The report raises several issues. I see the following as the most significant, but check out the press release for the official viewpoint:

  • High frequency trading is getting too much blame for market risk.
  • The ETF structure introduces excessive leverage. Combined with illiquidity, it creates the potential for a market crash scenario.
  • The ETF structure inappropriately draws in companies that are unwillingly included in a basket of stocks. The process inteferes with optimal capital allocation and squelches IPOs.

That is the best that I can do on my preliminary reading. It is a long and carefully documented piece of research, which the authors modestly call an "essay." The 80+ page report has many conclusions and is too meaty for instant analysis. Journalists on the other hand, must respond immediately, and they did. There were many stories yesterday that summarized the main conclusions. As usual, Abnormal Returns highlighted the most important articles.

The First Cut and My Approach

On a complex story like this the initial stories are the first cut. At my site, I do not try to compete on breaking news. Instead, I specialize in issues where various experts take differing positions. I try to help individual investors, traders, and colleagues in the investment management business with the most difficult stories.

I often find that I am a day (or more) behind the news cycle, but that enables me to have a deeper perspective. It just so happens that I will spend nine hours on airplanes in the next two days -- perfect for reading and thinking about a long report.

I have already done a quick read of the report, which seems to be more than many other commentators who are reacting under time pressure, speaking in very general terms. I have also watched TV segments and read the commentary, summarized nicely on three video pieces collected by ETF Daily news.

If you watch all three, you will understand that some are reacting in a rather confused fashion.

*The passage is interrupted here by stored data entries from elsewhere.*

-- ===== src/Operator/Outage.antt =====
-- Failures of Redis in the operator loop: a failed read is retried, a failed write ends the loop.
use bifrost_platform_plugin.Prelude.{
  ℕ, suc, ◌≡◌, refl, ap, sym, zero, Bool-cases, inl, inr, false, List, ◌∷◌, ◌++◌, Option,
}
use bifrost_platform_plugin.Text.{Text, txt, Fields}
use bifrost_platform_plugin.Effects.{Exn, returned, raised, for_each, Env}
use bifrost_platform_plugin.Json.{Dict, Python}
use bifrost_platform_plugin.Redis.{Redis, StreamReply}
use bifrost_platform_plugin.RedisKeys.{ib_operator_consumer_group}
use bifrost_platform_plugin.Protocol.{CommandMessage, is_expired, accepted}
use bifrost_platform_plugin.Writer.{write_operator_result}
use bifrost_platform_plugin.Operator.{
  Handler, envelope_of, op_allowed_on_stream, failure, is_no_group, write_if, write_again,
  write_dumped, respond, answer, answer_at, serve_parsed, process_entry, process_stream,
  handle_read, poll, poll_until, streams, consumer_name,
}
use bifrost_platform_plugin.Operator.Replies.{parsed, HasRoom, Encodes, dumps_cases}

module _ {W : Type 0} (rds : Redis W) (py : Python) (env : Env W) where
  -- SET is refused with `e`, whatever is set.
  abbrev pub RefusesSet : Exn → Type 0
  RefusesSet e =
      (key value : Text) (ttl : Option ℕ) (w : W) → (rds.set key value ttl w).0 ≡ raised e

  write_operator_result-raised :
      (e : Exn) (req_id : Text) (envelope : Dict) (w : W)
      → Encodes py
      → RefusesSet e
      → (write_operator_result rds py env req_id envelope w).0 ≡ raised e
  unfolding write_operator_result
  write_operator_result-raised e req_id envelope w enc down =
      let (s, d) = enc.dumps_text envelope in rw (d, down _ s _ w)

  respond-raised :
      (e : Exn) (msg : CommandMessage) (envelope : Dict) (w : W)
      → Encodes py
      → RefusesSet e
      → HasRoom py (accepted msg)
      → (respond rds py env msg.req_id envelope w).0 ≡ raised e
  unfolding respond write_dumped write_if write_again
  respond-raised e msg envelope w enc down (c, s, room) = elim (dumps_cases py envelope enc) [
    | inl (c', s', fit) ↦ rw fit (write_operator_result-raised e msg.req_id envelope w enc down)
    | inr big ↦
        rw (big, room)
          (write_operator_result-raised e msg.req_id (failure msg.req_id (txt "result_too_large")) w
            enc down)
  ]

  answer_returns :
      (handler : Handler W) (stream : Text) (msg : CommandMessage) (w : W)
      → (envelope : Dict) × ((answer rds py env handler stream msg w).0 ≡ returned envelope)
  unfolding answer answer_at
  answer_returns handler stream msg w = elim (Bool-cases (is_expired (env.clock_ms w) msg)) [
    | inl late ↦ (failure msg.req_id (txt "deadline_expired"), rw late)
    | inr early ↦ elim (Bool-cases (op_allowed_on_stream msg.op stream)) [
      | inl go ↦ (envelope_of msg.req_id (handler msg w).0, rw (early, go))
      | inr stay ↦
          (failure msg.req_id (txt "op_not_allowed_on_stream:" ++ msg.op), rw (early, stay))
    ]
  ]

  serve_parsed-raised :
      (e : Exn) (handler : Handler W) (stream : Text) (msg : CommandMessage) (w : W)
      → Encodes py
      → RefusesSet e
      → HasRoom py (accepted msg)
      → (serve_parsed rds py env handler stream (accepted msg) w).0 ≡ raised e
  unfolding serve_parsed
  serve_parsed-raised e handler stream msg w enc down room =
      let (envelope, e') = answer_returns handler stream msg w in
      rw e' (respond-raised e msg envelope (answer rds py env handler stream msg w).1 enc down room)

  -- While Redis refuses every SET, a round whose reply begins with a command ends the loop: for
  -- whatever handler, where JSON answers and the too-large notice fits, the exception leaves it.
  pub write_outage_ends_loop :
      (e : Exn) (handler : Handler W) (hostname : Text) (block_ms fuel : ℕ) (w w' : W)
      (stream : Text) (entry : Text × Option Fields) (more : List (Text × Option Fields))
      (rest : List StreamReply) (msg : CommandMessage)
      → Encodes py
      → RefusesSet e
      → env.stopped w ≡ false
      → rds.xreadgroup ib_operator_consumer_group (consumer_name hostname) streams 10 block_ms w
        ≡ (returned ((stream, entry ∷ more) ∷ rest), w')
      → parsed py entry ≡ accepted msg
      → HasRoom py (accepted msg)
      → (poll_until rds py env (suc fuel) handler hostname block_ms w).0 ≡ raised e
  unfolding poll_until poll handle_read for_each process_stream process_entry
  write_outage_ends_loop e handler hostname block_ms fuel w w' stream (id, fields) more rest msg enc
        down on read ok room =
      rw (on, read, ok, serve_parsed-raised e handler stream msg w' enc down room)

  -- While Redis refuses every read, with anything but a missing group, the loop goes on: it
  -- returns, after all its rounds or by the stop event, and raises nothing.
  pub read_outage_keeps_loop :
      (e : Exn) (handler : Handler W) (hostname : Text) (block_ms fuel : ℕ) (w : W)
      → is_no_group e ≡ false
      → ((v : W)
          → (rds.xreadgroup ib_operator_consumer_group
              (consumer_name hostname)
              streams
              10
              block_ms
              v).0
            ≡ raised e)
      → let end = poll_until rds py env fuel handler hostname block_ms w in
        end.0 ≡ returned (env.stopped end.1)
  unfolding poll_until poll handle_read
  read_outage_keeps_loop e handler hostname block_ms zero w known down = refl
  read_outage_keeps_loop e handler hostname block_ms (suc fuel) w known down =
      elim (Bool-cases (env.stopped w)) [
        | inl off ↦ rw off (ap returned (sym off))
        | inr on ↦
            rw (on, down w, known)
              (read_outage_keeps_loop e handler hostname block_ms fuel _ known down)
      ]
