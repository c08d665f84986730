-- ===== src/Examples/Doubles.antt =====
-- Doubles: a Redis that records, a Redis that is down, a fixed clock and a small codec.
use bifrost_platform_plugin.Prelude.{List, [], ◌∷◌, ◌++◌, none, some, pos, false}
use bifrost_platform_plugin.Text.{Text, txt, Fields}
use bifrost_platform_plugin.Float.{fin}
use bifrost_platform_plugin.Effects.{Exn, other, Outcome, returned, raised, Env}
use bifrost_platform_plugin.Json.{object, end, Python}
use bifrost_platform_plugin.Redis.{Redis, StreamReply}
use bifrost_platform_plugin.Operator.Log.{Event, stored, acked}

-- Its world is the log of what it was told.
abbrev pub recorder : Redis (List Event)
recorder = record {
  set = λ key value ttl w. (returned tt, w ++ stored key ∷ []);
  get = λ key w. (returned none, w);
  delete = λ key w. (returned tt, w);
  publish = λ channel message w. (returned tt, w);
  smembers = λ key w. (returned [], w);
  sadd = λ key members w. (returned tt, w);
  srem = λ key members w. (returned tt, w);
  hgetall = λ key w. (returned [], w);
  hget = λ key field w. (returned none, w);
  hset = λ key fields w. (returned tt, w);
  hdel = λ key fields w. (returned tt, w);
  xack = λ stream group entry w. (returned tt, w ++ acked stream group entry ∷ []);
  xgroup_create = λ stream group w. (returned tt, w);
  xreadgroup = λ group consumer names count block w. (returned [], w);
  pipeline = λ commands w. (returned tt, w);
}

abbrev pub refused : Exn
refused = record { kind = other; message = txt "connection refused" }

-- A Redis that refuses SET and HSET, and whose reads give the arguments.
abbrev pub outage :
    Outcome (List Text) → Outcome Fields → Outcome (List StreamReply) → Redis (List Event)
outage members heartbeats reply = record recorder {
  set = λ key value ttl w. (raised refused, w);
  hset = λ key fields w. (raised refused, w);
  smembers = λ key w. (members, w);
  hgetall = λ key w. (heartbeats, w);
  xreadgroup = λ group consumer names count block w. (reply, w);
}

-- The clock stands at 1 s, and the stop event is not set.
abbrev pub still : {W : Type 0} → Env W
still = record {
  now = λ w. fin (pos 1000000);
  clock_ms = λ w. 1000;
  sleep = λ seconds w. w;
  stopped = λ w. false;
}

abbrev pub codec : Python
codec = record {
  loads = λ s. some (object end);
  dumps = λ d. returned (txt "{}");
  dumps_compact = λ d. returned (txt "{}");
  str_of = λ v. txt "v";
  int_of = λ v. returned (pos 1);
  float_of = λ v. returned (fin (pos 0));
  format_0f = λ x. txt "0";
  round_to = λ digits x. x;
}
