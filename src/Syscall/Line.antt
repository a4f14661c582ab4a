-- ===== src/Syscall/Line.antt =====
-- The line that `sys_read_impl` of kernel/syscall/syscall.c reads from the keyboard.
use eclipse32_gui.Base.{
  ℕ, ◌≤◌, ◌≡◌, ◌⊎◌, inl, inr, refl, Bool, true, false, not, ◌&&◌, ◌||◌, Option, none, some, List,
  [], ◌∷◌, ◌++◌, if◌then◌else◌, ◌==◌, ltb, leb, length, arith, Bool-cases,
}
use eclipse32_gui.Keyboard.{KeyEvent, is_ascii}

-- What the loop leaves: the bytes of `kbuf` from the last to the first, the echo and the keys.
pub record Line : Type 0 where
  pub kbuf : List ℕ
  pub echo : List ℕ
  pub rest : List KeyEvent

abbrev ignored : KeyEvent → Bool
ignored ev = ev.released || not (is_ascii ev.keycode)

abbrev ends_line : ℕ → Bool
ends_line c = c == 10 || c == 13

abbrev erases : ℕ → Bool
erases c = c == 8 || c == 127

-- `char` is signed: the codes from 128 on are below 32.
abbrev pub printable : ℕ → Bool
printable c = leb 32 c && ltb c 128

abbrev erase : List ℕ → List ℕ
erase [] = []
erase (c ∷ kbuf) = kbuf

abbrev erase_echo : List ℕ → List ℕ
erase_echo [] = []
erase_echo (c ∷ kbuf) = 8 ∷ 32 ∷ 8 ∷ []

-- `none` when the keys run out before the loop ends.
unfoldable pub read_line : ℕ → List ℕ → List ℕ → List KeyEvent → Option Line
read_line max kbuf echo [] =
    if ltb (length kbuf) max then none else some (record { kbuf = kbuf; echo = echo; rest = [] })
read_line max kbuf echo (ev ∷ keys) =
    let c = ev.char in
    let same = read_line max kbuf echo keys in
    let erased = read_line max (erase kbuf) (echo ++ erase_echo kbuf) keys in
    let added = read_line max (c ∷ kbuf) (echo ++ c ∷ []) keys in
    if not (ltb (length kbuf) max)
    then some (record { kbuf = kbuf; echo = echo; rest = ev ∷ keys })
    else if ignored ev
    then same
    else if ends_line c
    then some (record { kbuf = 10 ∷ kbuf; echo = echo ++ 10 ∷ []; rest = keys })
    else if erases c
    then erased
    else if printable c
    then added
    else same

-- The characters of a line before its end.
abbrev pub AllPrintable : List ℕ → Type 0
AllPrintable [] = Unit
AllPrintable (c ∷ cs) = (printable c ≡ true) × AllPrintable cs

-- A line of at most `max` bytes, printable but for a newline at its end, without which it is full.
abbrev pub IsLine : ℕ → List ℕ → Type 0
IsLine max kbuf =
    ((length kbuf ≡ max) × AllPrintable kbuf)
    ⊎ ((cs : List ℕ) × (kbuf ≡ 10 ∷ cs) × (length kbuf ≤ max) × AllPrintable cs)

abbrev IsLineIfAny : ℕ → Option Line → Type 0
IsLineIfAny max none = Unit
IsLineIfAny max (some l) = IsLine max l.kbuf

-- A press of a key whose character is a newline or a carriage return.
abbrev pub IsEnd : KeyEvent → Type 0
IsEnd ev = (ev.released ≡ false) × (is_ascii ev.keycode ≡ true) × ((ev.char ≡ 10) ⊎ (ev.char ≡ 13))

-- Such a press is among the keys.
abbrev pub HasEnd : List KeyEvent → Type 0
HasEnd [] = ⊥
HasEnd (ev ∷ keys) = IsEnd ev ⊎ HasEnd keys

IsEnd-heard : (ev : KeyEvent) → IsEnd ev → ignored ev ≡ false
IsEnd-heard ev h = ground (arith, h.0, h.1)

IsEnd-ends_line : (ev : KeyEvent) → IsEnd ev → ends_line ev.char ≡ true
IsEnd-ends_line ev h = ground (arith, h.2)

-- A key that is ignored or ends no line is not the one.
end_later :
    (ev : KeyEvent) (keys : List KeyEvent)
    → HasEnd (ev ∷ keys)
    → (ignored ev ≡ true) ⊎ (ends_line ev.char ≡ false)
    → HasEnd keys
end_later ev keys (inr h) k = h
end_later ev keys (inl h) (inl k) = absurd (ground (arith, k, IsEnd-heard ev h))
end_later ev keys (inl h) (inr k) = absurd (ground (arith, k, IsEnd-ends_line ev h))

-- Whatever is in the buffer, the loop ends once an ASCII key with the character 10 or 13 is pressed.
pub read_line_finishes :
    (max : ℕ) (kbuf echo : List ℕ) (keys : List KeyEvent)
    → HasEnd keys
    → (l : Line) × (read_line max kbuf echo keys ≡ some l)
unfolding read_line
read_line_finishes max kbuf echo [] h = absurd h
read_line_finishes max kbuf echo (ev ∷ keys) h = elim (Bool-cases (ltb (length kbuf) max)) [
  | inr e ↦ rw e (_, refl)
  | inl e ↦ rw e (elim (Bool-cases (ignored ev)) [
    | inl i ↦ rw i (read_line_finishes max kbuf echo keys (end_later ev keys h (inl i)))
    | inr i ↦ rw i (elim (Bool-cases (ends_line ev.char)) [
      | inl n ↦ rw n (_, refl)
      | inr n ↦ rw n (elim (Bool-cases (erases ev.char)) [
        | inl b ↦ rw b (read_line_finishes max (erase kbuf) _ keys (end_later ev keys h (inr n)))
        | inr b ↦ rw b (elim (Bool-cases (printable ev.char)) [
          | inl c ↦
              rw c (read_line_finishes max (ev.char ∷ kbuf) _ keys (end_later ev keys h (inr n)))
          | inr c ↦ rw c (read_line_finishes max kbuf echo keys (end_later ev keys h (inr n)))
        ])
      ])
    ])
  ])
]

I looked forward to last night's Kudlow report, where I hoped to see a debate on the specific question. I was disappointed. It was basically more of the same.

Let me try to summarize the issue.

The Kauffman Report cites heavily shorted ETFs and structures that substitute approximations and derivatives for the actual underlying stocks. The defenders of the ETFs do not directly respond. They seem to emphasize talking points about tax advantages and ease of trading. They describe how new units are created and how those seeking the creation of a unit must deliver stock.

The participants in this debate are talking past each other. The Kauffman group specifically cites the iShares Russell 2000 Index ETF (NYSEARCA:IWM) as an ETF where the short interest is not accurately reflected. Specifically, the report implies that many more shares would need to be purchased to cover the short interest, and that the leverage is excessive. ETF supporters do not specifically address this point, especially the failure to deliver on the part of short-sellers. The ETF supporters emphasize the procedures for creating new units. They attribute any issues to the "secondary market" where short-selling rules may note be adequate.

My Preliminary Take

We have a typical market discussion on a complex subject:

Both sides may be truthful, but the observer gains nothing from the discussion.

My hope is that the specific IWM issue will be addressed. The Kauffman team should be very specific in outlining how the IWM short selling poses a risk (they are already close to doing this in the report) and those responding should be specific in answering. This is the debate that will inform investors. I am inviting both to participate.

My preliminary conclusion is that the fault, if any, lies not with the ETF developers but with the SEC. More later.

Full Disclosure

I have varying interests, none of which consciously affect my reporting:

  • I participate in the Kauffman Foundation's efforts to support economic blogging. They embrace wild cannons of all stripes, so no one needs to fear exclusion by taking a strong position. For the record, I admire and support their efforts.
  • I actively trade ETFs in my investor programs.
  • I have a current long position in IWM.
  • I am on the record as a skeptic when it comes to the potential for ETF trading to create a crash.

Summarizing -- I am suprised by the Kauffman conclusions and I am looking at them with an open mind. You should do the same.